Pick out each line below containing "dead".

▶ **Supplied records**
━━━

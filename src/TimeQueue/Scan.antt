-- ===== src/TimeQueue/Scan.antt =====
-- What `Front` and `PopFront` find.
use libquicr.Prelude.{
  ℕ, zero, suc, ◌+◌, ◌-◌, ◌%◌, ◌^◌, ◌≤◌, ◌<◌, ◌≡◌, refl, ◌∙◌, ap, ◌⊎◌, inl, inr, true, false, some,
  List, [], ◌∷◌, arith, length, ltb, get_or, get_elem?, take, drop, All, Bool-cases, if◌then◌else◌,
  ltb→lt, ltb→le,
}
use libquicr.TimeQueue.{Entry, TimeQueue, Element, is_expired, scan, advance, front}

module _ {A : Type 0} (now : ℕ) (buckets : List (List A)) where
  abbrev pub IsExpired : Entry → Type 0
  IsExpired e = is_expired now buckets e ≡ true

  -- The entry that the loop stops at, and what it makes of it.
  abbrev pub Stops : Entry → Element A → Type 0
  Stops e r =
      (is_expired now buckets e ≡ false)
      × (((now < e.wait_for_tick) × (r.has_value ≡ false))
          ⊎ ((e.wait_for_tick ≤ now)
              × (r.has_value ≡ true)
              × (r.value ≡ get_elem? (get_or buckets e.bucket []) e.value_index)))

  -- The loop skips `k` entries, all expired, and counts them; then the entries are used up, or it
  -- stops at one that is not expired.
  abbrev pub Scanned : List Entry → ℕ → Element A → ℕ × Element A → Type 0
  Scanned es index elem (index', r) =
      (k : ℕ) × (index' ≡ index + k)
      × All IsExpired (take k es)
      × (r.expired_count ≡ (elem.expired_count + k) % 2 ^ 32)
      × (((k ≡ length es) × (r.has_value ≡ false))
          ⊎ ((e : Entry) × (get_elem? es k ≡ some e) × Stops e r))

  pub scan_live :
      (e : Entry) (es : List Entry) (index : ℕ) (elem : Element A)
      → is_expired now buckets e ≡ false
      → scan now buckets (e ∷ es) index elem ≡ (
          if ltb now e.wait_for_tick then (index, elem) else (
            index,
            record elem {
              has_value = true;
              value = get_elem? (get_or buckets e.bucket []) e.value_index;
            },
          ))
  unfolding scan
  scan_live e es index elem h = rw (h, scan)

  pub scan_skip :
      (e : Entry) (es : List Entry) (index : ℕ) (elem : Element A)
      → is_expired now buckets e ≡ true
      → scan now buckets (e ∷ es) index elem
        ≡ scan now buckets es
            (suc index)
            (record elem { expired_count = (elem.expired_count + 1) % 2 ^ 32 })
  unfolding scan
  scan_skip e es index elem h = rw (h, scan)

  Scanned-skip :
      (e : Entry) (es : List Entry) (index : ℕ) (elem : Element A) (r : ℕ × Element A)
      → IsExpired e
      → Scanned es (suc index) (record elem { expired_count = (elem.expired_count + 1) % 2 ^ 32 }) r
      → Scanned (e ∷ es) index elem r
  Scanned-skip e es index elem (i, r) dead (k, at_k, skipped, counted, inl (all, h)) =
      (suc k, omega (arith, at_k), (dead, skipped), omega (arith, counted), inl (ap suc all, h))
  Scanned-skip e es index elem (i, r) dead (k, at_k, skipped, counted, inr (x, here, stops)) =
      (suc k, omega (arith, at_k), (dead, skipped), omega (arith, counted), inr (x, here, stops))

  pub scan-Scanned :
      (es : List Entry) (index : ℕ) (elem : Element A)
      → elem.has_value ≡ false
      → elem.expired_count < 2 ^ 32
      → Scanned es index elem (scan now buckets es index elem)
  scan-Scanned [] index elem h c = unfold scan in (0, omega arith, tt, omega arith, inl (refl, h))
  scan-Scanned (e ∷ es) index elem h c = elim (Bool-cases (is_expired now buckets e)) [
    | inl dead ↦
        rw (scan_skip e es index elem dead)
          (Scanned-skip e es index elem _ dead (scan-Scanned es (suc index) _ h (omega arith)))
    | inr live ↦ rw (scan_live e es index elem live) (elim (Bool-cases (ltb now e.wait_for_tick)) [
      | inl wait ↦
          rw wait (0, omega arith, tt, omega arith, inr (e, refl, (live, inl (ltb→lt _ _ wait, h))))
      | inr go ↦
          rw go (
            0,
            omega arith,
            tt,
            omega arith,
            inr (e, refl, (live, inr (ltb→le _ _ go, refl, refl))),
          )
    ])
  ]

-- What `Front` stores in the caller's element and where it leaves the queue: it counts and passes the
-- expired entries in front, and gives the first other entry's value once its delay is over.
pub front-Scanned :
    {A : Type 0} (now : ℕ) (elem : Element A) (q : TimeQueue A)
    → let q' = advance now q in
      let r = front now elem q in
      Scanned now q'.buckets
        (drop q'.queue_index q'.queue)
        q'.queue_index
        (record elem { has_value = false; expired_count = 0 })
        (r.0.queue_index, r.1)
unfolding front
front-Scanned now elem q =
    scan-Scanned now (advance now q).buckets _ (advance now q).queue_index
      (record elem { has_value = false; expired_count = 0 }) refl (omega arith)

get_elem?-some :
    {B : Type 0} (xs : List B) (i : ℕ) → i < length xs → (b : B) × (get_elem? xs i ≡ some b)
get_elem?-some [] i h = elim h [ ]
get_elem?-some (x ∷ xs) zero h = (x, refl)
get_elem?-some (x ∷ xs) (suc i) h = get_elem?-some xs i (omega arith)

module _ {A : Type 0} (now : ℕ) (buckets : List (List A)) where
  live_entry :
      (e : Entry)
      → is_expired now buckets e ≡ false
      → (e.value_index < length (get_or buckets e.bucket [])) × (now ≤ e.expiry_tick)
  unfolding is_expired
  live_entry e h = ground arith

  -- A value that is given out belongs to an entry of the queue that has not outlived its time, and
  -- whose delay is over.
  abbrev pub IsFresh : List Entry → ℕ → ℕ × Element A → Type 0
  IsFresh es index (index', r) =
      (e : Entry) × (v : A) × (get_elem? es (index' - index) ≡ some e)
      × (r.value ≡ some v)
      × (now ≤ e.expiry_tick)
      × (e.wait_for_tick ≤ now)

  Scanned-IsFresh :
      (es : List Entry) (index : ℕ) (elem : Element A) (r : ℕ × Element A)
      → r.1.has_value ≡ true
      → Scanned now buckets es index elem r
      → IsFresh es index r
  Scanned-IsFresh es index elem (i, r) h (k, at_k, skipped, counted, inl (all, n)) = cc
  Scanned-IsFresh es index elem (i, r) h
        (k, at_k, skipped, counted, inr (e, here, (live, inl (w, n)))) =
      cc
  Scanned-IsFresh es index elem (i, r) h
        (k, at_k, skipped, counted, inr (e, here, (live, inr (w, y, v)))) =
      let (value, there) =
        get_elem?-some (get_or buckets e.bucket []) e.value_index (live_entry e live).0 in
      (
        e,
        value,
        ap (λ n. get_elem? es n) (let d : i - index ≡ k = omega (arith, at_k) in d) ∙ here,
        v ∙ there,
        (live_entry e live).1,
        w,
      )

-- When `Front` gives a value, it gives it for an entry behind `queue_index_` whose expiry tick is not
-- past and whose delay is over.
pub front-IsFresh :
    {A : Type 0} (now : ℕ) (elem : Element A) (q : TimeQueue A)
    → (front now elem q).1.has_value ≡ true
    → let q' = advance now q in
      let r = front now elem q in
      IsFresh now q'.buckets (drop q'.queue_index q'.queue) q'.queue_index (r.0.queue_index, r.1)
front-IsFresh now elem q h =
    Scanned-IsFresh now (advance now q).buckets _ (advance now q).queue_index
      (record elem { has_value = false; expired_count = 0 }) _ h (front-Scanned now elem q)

━━━

▶ **Finished task**
  Scanned-skip e es index elem (i, r) dead (k, at_k, skipped, counted, inl (all, h)) =
      (suc k, omega (arith, at_k), (dead, skipped), omega (arith, counted), inl (ap suc all, h))
  Scanned-skip e es index elem (i, r) dead (k, at_k, skipped, counted, inr (x, here, stops)) =
      (suc k, omega (arith, at_k), (dead, skipped), omega (arith, counted), inr (x, here, stops))
    | inl dead ↦
        rw (scan_skip e es index elem dead)
          (Scanned-skip e es index elem _ dead (scan-Scanned es (suc index) _ h (omega arith)))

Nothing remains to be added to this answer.